TASK STATEMENT: Report every line of the material that contains the string "below".

DATA RECORDS:
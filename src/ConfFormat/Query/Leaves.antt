-- ===== src/ConfFormat/Query/Leaves.antt =====
-- `enumerate_all_paths` of crmsh/corosync_config_format.py beside a recursion over the tree.
use crmsh.Prelude.{
  ℕ, ◌+◌, ◌≡◌, Bool, false, ◌||◌, Option, some, List, [], ◌∷◌, ◌++◌, if◌then◌else◌, Text,
  starts_with,
}
use crmsh.ConfFormat.Parser.{comment_prefix}
use crmsh.ConfFormat.Dom.{Value, scalar, dict, list, Items, nil, cons, Fields, end, field}
use crmsh.ConfFormat.Query.Paths.{Entry, has_path, size}

-- The paths of the scalars below a node, without those below a comment.
mutual
  pub leaves : List Text → Value → List (List Text)
  leaves path (scalar s) = path ∷ []
  leaves path (dict d) = leaves_fields path d
  leaves path (list vs) = leaves_items path vs

  pub leaves_fields : List Text → Fields → List (List Text)
  leaves_fields path end = []
  leaves_fields path (field key v fs) =
      (if starts_with comment_prefix key then [] else leaves (path ++ key ∷ []) v)
      ++ leaves_fields path fs

  pub leaves_items : List Text → Items → List (List Text)
  leaves_items path nil = []
  leaves_items path (cons x xs) = leaves path x ++ leaves_items path xs

-- No path is there twice.
abbrev pub Distinct : List (List Text) → Type 0
Distinct [] = Unit
Distinct (q ∷ qs) = (has_path q qs ≡ false) × Distinct qs

module _ (p : List Text) where
  -- Whether the path is below some entry of the queue.
  ahead : List Entry → Bool
  ahead [] = false
  ahead ((v, path) ∷ queue) = has_path p (leaves path v) || ahead queue

-- The nodes that the queue has yet to bring.
total : List Entry → ℕ
total [] = 0
total ((v, path) ∷ queue) = size v + total queue

-- What the loop returns: a list of distinct paths in which `p` stands exactly if the test says so.
abbrev Lists : List Text → Bool → Option (List (List Text)) → Type 0
Lists p b r = (ps : List (List Text)) × (r ≡ some ps) × Distinct ps × (has_path p ps ≡ b)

EXERCISE RESPONSE:
-- The paths of the scalars below a node, without those below a comment.
  -- Whether the path is below some entry of the queue.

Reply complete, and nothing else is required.